本日発表された全てCopilot+ PCは、QualcommのSnapdragon X EliteもしくはX Plusを搭載する「Arm」アーキテクチャに対応するものだが、x86アーキテクチャの雄であるIntelはこれに対抗し、x86アーキテクチャによるCopilot+ PCを実現する、次世代モバイル・プロセッサー「Lunar Lake」こと、Core Ultra 200Vプロセッサの新たな情報を明らかにすると共に、今年後半に対応PCが登場する事を発表した。
Lunar Lake: 電力効率とAIに焦点を当てた新アーキテクチャ
Intelは昨年秋にLunar Lakeをデモして以来、高効率のモバイル・プロセッサーであることをアピールしてきた。実際、時代は省電力かつ高性能のPCを求めており、その流れはAppleシリコン「Mチップ」によるMacBookが作ったと言っても過言ではない。

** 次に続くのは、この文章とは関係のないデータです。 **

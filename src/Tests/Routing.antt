-- ===== src/Tests/Routing.antt =====
-- A budget of ten, one lane, two keys and three attempts.
use durallm.Common.{
  ◌+◌, ◌≤◌, ◌≡◌, refl, max, ℕ, false, none, some, String, List, [], ◌∷◌, arith, string_eq,
}
use durallm.Common.Dict
use durallm.Common.Dict.{Dict}
use durallm.Routing.Budget.{
  BudgetReservationStore, BudgetOp, take, pay, run, committed_to, run-le-limit, spent_of,
  reserved_of, step, reserve, settle, largest_limit, overspend,
}
use durallm.Routing.Lanes
use durallm.Routing.Lanes.{
  ResourceLaneStatus, PromptCacheTracker, LaneCall, closes, asks, free, status, meant, last_word,
  status-eq-meant,
}
use durallm.Routing.Keys.{KeyRotationPool, Chosen, cooled, get_active_key, get_active_key-Chosen}
use durallm.Execution.Attempts.{
  Limits, IsWithin, attempt_all, new_attempt_ledger, attempt_all-IsWithin,
}

abbrev empty : BudgetReservationStore
empty = record { reserved = []; spent = [] }

-- The second reservation is refused, and the first payment costs one more than it reserved.
abbrev requests : List BudgetOp
requests = take "r1" "team" 6 10 ∷ take "r2" "team" 5 10 ∷ pay "r1" 7 ∷ take "r3" "other" 50 60 ∷ []

run-le-limit_example :
    committed_to "team" (run empty requests)
    ≤ max (committed_to "team" empty) (largest_limit "team" requests)
      + overspend "team" empty requests
run-le-limit_example = run-le-limit "team" empty requests

team_lem : (committed_to "team" (run empty requests) ≡ 7) × (overspend "team" empty requests ≡ 1)
unfolding run spent_of reserved_of step reserve settle Dict.lookup Dict.insert Dict.remove
team_lem = (refl, refl)

-- The lane is blocked, asked for in vain and after its time, and blocked again.
abbrev lane_calls : List (ℕ × LaneCall)
lane_calls =
    (100, closes "groq" "quota" (some 500))
    ∷ (300, asks "groq")
    ∷ (650, asks "groq")
    ∷ (700, closes "groq" "rate" (some 50))
    ∷ (710, closes "other" "dead" none)
    ∷ []

status-eq-meant_example :
    (status "groq" 720 (Lanes.run lane_calls [])).0 ≡ meant (last_word "groq" lane_calls free) 720
status-eq-meant_example =
    status-eq-meant "groq" 720 lane_calls
      (omega arith, (omega arith, (omega arith, (omega arith, (omega arith, omega arith)))))

lane_lem :
    meant (last_word "groq" lane_calls free) 720
    ≡ record { available = false; reason = some "rate"; expires_at = some 750 }
lane_lem = refl

abbrev tracker : PromptCacheTracker
tracker = record { ttl = 300; warm_entries = [] }

abbrev pool : KeyRotationPool
pool = record { key_cooldowns = ("K:0", 500) ∷ []; rr_indices = ("groq", 1) ∷ [] }

abbrev keys : List (String × String)
keys = ("a", "K:0") ∷ ("b", "K:1") ∷ []

get_active_key-Chosen_example :
    Chosen (cooled pool 100) keys (get_active_key "groq" keys 100 pool).0
get_active_key-Chosen_example = get_active_key-Chosen "groq" keys 100 pool

abbrev limits : Limits
limits = record { max_total_attempts = 3; max_attempts_same_endpoint = 2; max_fallback_hops = 8 }

abbrev tried : List String
tried = "x" ∷ "x" ∷ "x" ∷ "y" ∷ "z" ∷ []

attempt_all-IsWithin_example : IsWithin limits "x" (attempt_all (new_attempt_ledger limits) tried)
attempt_all-IsWithin_example = attempt_all-IsWithin limits "x" tried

その先陣を切るのがQualcommだが、少し遅れてIntelもLunar Lakeでこの流れに乗る。これはIntelにとって2番目のメインストリーム向けタイル型CPUであり、IntelとしてはMeteor Lakeを反復的に改良する形で、新しいCPUとGPUのアーキテクチャを投入する。
Lunar Lakeの開発はすでに完了しており、Intelは同チップの生産マイルストーンをすべて達成、もしくは上回ったと主張している。これはまた、Lunar LakeがBステップ設計を採用し、すでに生産に入っていることを意味する。
Intelは、このSoCのOEMへの出荷を今年の第3四半期に開始する予定としている。つまり、完成したノートパソコンが小売店の店頭に並ぶのは第4四半期になると言う事だ。一方、Arrow Lakeはデスクトップ用とモバイル用(より高性能なチップとして)の両方があり、第4四半期にIntelから出荷される予定だ。Intelの計画の詳細は、Comptexにて明らかになるだろう。
Alder/Raptor Lake | Meteor Lake | Lunar Lake | Arrow Lake | Panther Lake | |
---|---|---|---|---|---|
Pコアアーキテクチャ | Golden Cove/ Raptor Cove | Redwood Cove | Lion Cove | Lion Cove | Cougar Cove? |
Eコアアーキテクチャ | Gracemont | Crestmont | Skymont | Crestmont? | Darkmont? |
GPU アーキテクチャ | Xe-LP | Xe-LPG | Xe2 | Xe2? | ? |
NPU アーキテクチャ | なし | NPU 3720 | ? | ? | ? |
アクティブなタイル | 1 (モノリシック) | 4 | 2 | 4? | ? |
製造プロセス | Intel 7 | Intel 4 + TSMC N6 + TSMC N5 | Intel + TSMC? | Intel 20A + More | Intel 18A |
セグメント | モバイル + デスクトップ | モバイル | 低消費電力モバイル | ハイパワーモバイル + デスクトップ | モバイル? |
発売日(OEM) | 2021 年第 4 四半期 | 2023 年第 4 四半期 | 2024 年第 3 四半期 | 2024 年第 4 四半期 | 2025年 |
ちなみに、IntelのLunar LakeとArrow Lakeにどのような製造プロセスが使われているのかはまだ不明だ。Intelはファウンドリー事業と製品事業を分離しており、チップ設計グループは最近、好きなファブを自由に選べるようにしている。つまり、Meteor Lakeのように、実際にはTSMCを使用してダイの一部を生産している事が予想される。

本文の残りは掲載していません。